ACTIVITY:
Below are some records. Return exactly the lines from the one with "abbrev pub found : Server V → Found V" to the one with "s.endpoint_control.is_muted ≡ true)", and nothing else.

RAW DATA:

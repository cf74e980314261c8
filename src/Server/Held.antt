-- ===== src/Server/Held.antt =====
-- What every event keeps of a session that silenced the PC speaker
-- (src/server/server.cpp and audio_endpoint_control.cpp, as built on Windows and off it).
use audio_router.Prelude.{
  ℕ, ◌≡◌, ◌⊎◌, inl, inr, refl, ◌∙◌, arith, Bool, true, false, not, ◌&&◌, List, Option, none, some,
  ltb, if_elim, length,
}
use audio_router.Prelude.Word.{sub64}
use audio_router.Protocol.{
  MsgType, discovery_req, discovery_resp, connect_req, connect_ack, connect_nak, disconnect_req,
  disconnect_ack, audio_data, heartbeat_ping, heartbeat_pong, control_cmd, CommonHeader,
  common_header_size, is_valid_header,
}
use audio_router.Protocol.Wire.{header_of_bytes}
use audio_router.Endpoint.{
  Floats, EndpointControl, MuteMethod, governs_mute, governs_volume, mute_pc_speaker,
  unmute_pc_speaker, set_mute, set_volume,
}
use audio_router.Server.{
  ServerConfig, ServerState, Server, no_address, listening, is_streaming, SocketAddress,
  same_address, Step, Capture, capturing, starts, fails, Readings, Reason, handle_discovery_req,
  is_busy_for, take_session, silence, begin_streaming, start_capture, handle_connect_req,
  restore_speaker, disconnect_client, handle_disconnect_req, note_ping, handle_heartbeat_ping,
  apply_cmd, handle_control_cmd, dispatch, receive, watchdog, Event, received, watchdog_round,
  tunnel_lost, step, graceful, heartbeat_timeout, tunnel_disconnected,
}

-- The speaker as a session finds it, the build, and the method that is configured.
pub record Found (V : Type 0) : Type 0 where
  pub is_windows : Bool
  pub method : MuteMethod
  pub is_muted : Bool
  pub volume : V

module _ {V : Type 0} where
  abbrev pub found : Server V → Found V
  found s = record {
    is_windows = s.endpoint_control.is_windows;
    method = s.config.mute_method;
    is_muted = s.endpoint_control.is_muted;
    volume = s.endpoint_control.volume;
  }

  -- A session that silenced a speaker which it found so.
  pub record Keeps (x : Found V) (c : ServerConfig) (st : ServerState) (e : EndpointControl V)
      : Type 0 where
    pub is_automatic : c.auto_mute_pc_speaker ≡ true
    pub streams : is_streaming st ≡ true
    pub is_silenced : e.is_silenced_by_us ≡ true
    pub build : e.is_windows ≡ x.is_windows
    pub method : (c.mute_method ≡ x.method) × (e.active_mute_method ≡ x.method)
    pub mute : e.prev_mute_state ≡ x.is_muted
    pub volume : e.prev_volume_level ≡ x.volume

  abbrev pub Held : Found V → Server V → Type 0
  Held x s = Keeps x s.config s.state s.endpoint_control

  -- What the silence governs is muted, or at no volume.
  abbrev pub IsQuiet : Floats V → Found V → Server V → Type 0
  IsQuiet f x s =
      (governs_mute x.is_windows x.method ≡ true → s.endpoint_control.is_muted ≡ true)
      × (governs_volume x.is_windows x.method ≡ true → s.endpoint_control.volume ≡ f.zero_v)

  -- The session is over, and what the silence governs is as it was found.
  abbrev pub Restored : Found V → Server V → Type 0
  Restored x s =
      (s.state ≡ listening)
      × (s.endpoint_control.is_silenced_by_us ≡ false)
      × (governs_mute x.is_windows x.method ≡ true → s.endpoint_control.is_muted ≡ x.is_muted)
      × (governs_volume x.is_windows x.method ≡ true → s.endpoint_control.volume ≡ x.volume)

  abbrev pub Next : Found V → Step V → Type 0
  Next x r = Held x (r.0) ⊎ Restored x (r.0)

  restored :
      (x : Found V) (s : Server V)
      → Held x s
      → Restored x (record (restore_speaker s) { active_client = no_address; state = listening })
  unfolding restore_speaker unmute_pc_speaker
  restored x s h =
      let (m, k) = h.method in
      let q : is_streaming s.state ≡ true = h.streams in
      (refl, ground arith, λ g. ground arith, λ g. ground arith)

  disconnect_client-Next :
      (x : Found V) (s : Server V) (reason : Reason) (ack : Bool) (now_us : ℕ)
      → Held x s
      → Next x (disconnect_client s reason ack now_us)
  unfolding disconnect_client
  disconnect_client-Next x s reason ack now_us h =
      if_elim (Next x) (is_streaming s.state && s.active_client.is_valid) _ _
        (λ e. inr (restored x s h)) λ e. inl h

  begin_streaming-Held :
      (f : Floats V) (x : Found V) (s : Server V) (sender : SocketAddress) (now_us : ℕ)
      → Held x s
      → Held x ((begin_streaming f s sender now_us).0)
  unfolding begin_streaming silence mute_pc_speaker is_streaming
  begin_streaming-Held f x s sender now_us h =
      let (m, k) = h.method in
      record {
        is_automatic = ground arith;
        streams = refl;
        is_silenced = ground arith;
        build = ground arith;
        method = (ground arith, ground arith);
        mute = ground arith;
        volume = ground arith;
      }

  handle_connect_req-Held :
      (f : Floats V) (x : Found V) (c : Capture) (s : Server V) (sender : SocketAddress)
      (now_ms set_ms now_us : ℕ)
      → Held x s
      → Held x ((handle_connect_req f c s sender now_ms set_ms now_us).0)
  unfolding handle_connect_req start_capture take_session
  handle_connect_req-Held f x c s sender now_ms set_ms now_us w =
      if_elim (λ (r : Step V). Held x (r.0)) (is_busy_for s sender now_ms) _ _ (λ a. w)
        λ a. by_capture c
    where
      by_capture :
          (c' : Capture)
          → Held x ((start_capture f c' (take_session s sender set_ms) sender now_us).0)
      by_capture capturing = begin_streaming-Held f x _ sender now_us w
      by_capture (starts actual) = begin_streaming-Held f x _ sender now_us w
      by_capture (fails actual) = w

  -- What a command on the speaker leaves alone
  record Kept (e' e : EndpointControl V) : Type 0 where
    silenced : e'.is_silenced_by_us ≡ e.is_silenced_by_us
    build : e'.is_windows ≡ e.is_windows
    method : e'.active_mute_method ≡ e.active_mute_method
    mute : e'.prev_mute_state ≡ e.prev_mute_state
    volume : e'.prev_volume_level ≡ e.prev_volume_level

  apply_cmd-Kept :
      (f : Floats V) (payload : List ℕ) (e : EndpointControl V) → Kept (apply_cmd f payload e) e
  unfolding apply_cmd set_mute set_volume
  apply_cmd-Kept f payload e = record {
    silenced = ground arith;
    build = ground arith;
    method = ground arith;
    mute = ground arith;
    volume = ground arith;
  }

  handle_control_cmd-Held :
      (f : Floats V) (x : Found V) (s : Server V) (payload : List ℕ) (sender : SocketAddress)
      → Held x s
      → Held x ((handle_control_cmd f s payload sender).0)
  unfolding handle_control_cmd
  handle_control_cmd-Held f x s payload sender w =
      let k = apply_cmd-Kept f payload s.endpoint_control in
      let after : Held x (record s { endpoint_control = apply_cmd f payload s.endpoint_control }) =
        record {
          is_automatic = w.is_automatic;
          streams = w.streams;
          is_silenced = k.silenced ∙ w.is_silenced;
          build = k.build ∙ w.build;
          method = (w.method.0, k.method ∙ w.method.1);
          mute = k.mute ∙ w.mute;
          volume = k.volume ∙ w.volume;
        } in
      if_elim (λ (r : Step V). Held x (r.0)) (not (same_address sender s.active_client)) _ _
        (λ a. w)
        λ a. if_elim (λ (r : Step V). Held x (r.0)) (ltb (length payload) 9) _ _ (λ b. w) λ b. after

  handle_heartbeat_ping-Held :
      (x : Found V) (s : Server V) (hdr : CommonHeader) (payload : List ℕ) (sender : SocketAddress)
      (now_ms now_us : ℕ)
      → Held x s
      → Held x ((handle_heartbeat_ping s hdr payload sender now_ms now_us).0)
  unfolding handle_heartbeat_ping note_ping
  handle_heartbeat_ping-Held x s hdr payload sender now_ms now_us w =
      if_elim (λ (r : Step V). Held x (r.0)) (not (same_address sender s.active_client)) _ _
        (λ a. w) λ a. if_elim (Held x) (ltb (length payload) 28) _ _ (λ b. w) λ b. w

  dispatch-Next :
      (f : Floats V) (x : Found V) (s : Server V) (t : Option MsgType) (hdr : CommonHeader)
      (payload : List ℕ) (sender : SocketAddress) (r : Readings)
      → Held x s
      → Next x (dispatch f s t hdr payload sender r)
  unfolding dispatch handle_discovery_req handle_disconnect_req
  dispatch-Next f x s none hdr payload sender r w = inl w
  dispatch-Next f x s (some discovery_req) hdr payload sender r w = inl w
  dispatch-Next f x s (some connect_req) hdr payload sender r w =
      inl (handle_connect_req-Held f x r.capture s sender r.now_ms r.set_ms r.now_us w)
  dispatch-Next f x s (some disconnect_req) hdr payload sender r w =
      if_elim (Next x) (same_address sender s.active_client) _ _
        (λ a. disconnect_client-Next x s graceful true r.now_us w) λ a. inl w
  dispatch-Next f x s (some heartbeat_ping) hdr payload sender r w =
      inl (handle_heartbeat_ping-Held x s hdr payload sender r.set_ms r.now_us w)
  dispatch-Next f x s (some control_cmd) hdr payload sender r w =
      inl (handle_control_cmd-Held f x s payload sender w)
  dispatch-Next f x s (some discovery_resp) hdr payload sender r w = inl w
  dispatch-Next f x s (some connect_ack) hdr payload sender r w = inl w
  dispatch-Next f x s (some connect_nak) hdr payload sender r w = inl w
  dispatch-Next f x s (some disconnect_ack) hdr payload sender r w = inl w
  dispatch-Next f x s (some audio_data) hdr payload sender r w = inl w
  dispatch-Next f x s (some heartbeat_pong) hdr payload sender r w = inl w

  pub step-Next :
      (f : Floats V) (x : Found V) (s : Server V) (e : Event) → Held x s → Next x (step f s e)
  unfolding step receive watchdog
  step-Next f x s (received buf sender r) w =
      if_elim (Next x) (ltb (length buf) common_header_size) _ _ (λ a. inl w)
        λ a.
          if_elim (Next x) (not (is_valid_header (header_of_bytes buf) (length buf))) _ _
            (λ b. inl w) λ b. dispatch-Next f x s _ _ _ sender r w
  step-Next f x s (watchdog_round now_ms now_us) w =
      if_elim (Next x)
        (is_streaming s.state
          && (ltb 0 s.last_client_activity_time_ms
              && ltb s.config.client_timeout_ms (sub64 now_ms s.last_client_activity_time_ms)))
        _ _ (λ a. disconnect_client-Next x s heartbeat_timeout false now_us w) λ a. inl w
  step-Next f x s (tunnel_lost now_us) w =
      disconnect_client-Next x s tunnel_disconnected true now_us w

RESPONSE TO THE TASK:
  abbrev pub found : Server V → Found V
  found s = record {
    is_windows = s.endpoint_control.is_windows;
    method = s.config.mute_method;
    is_muted = s.endpoint_control.is_muted;
    volume = s.endpoint_control.volume;
  }

  -- A session that silenced a speaker which it found so.
  pub record Keeps (x : Found V) (c : ServerConfig) (st : ServerState) (e : EndpointControl V)
      : Type 0 where
    pub is_automatic : c.auto_mute_pc_speaker ≡ true
    pub streams : is_streaming st ≡ true
    pub is_silenced : e.is_silenced_by_us ≡ true
    pub build : e.is_windows ≡ x.is_windows
    pub method : (c.mute_method ≡ x.method) × (e.active_mute_method ≡ x.method)
    pub mute : e.prev_mute_state ≡ x.is_muted
    pub volume : e.prev_volume_level ≡ x.volume

  abbrev pub Held : Found V → Server V → Type 0
  Held x s = Keeps x s.config s.state s.endpoint_control

  -- What the silence governs is muted, or at no volume.
  abbrev pub IsQuiet : Floats V → Found V → Server V → Type 0
  IsQuiet f x s =
      (governs_mute x.is_windows x.method ≡ true → s.endpoint_control.is_muted ≡ true)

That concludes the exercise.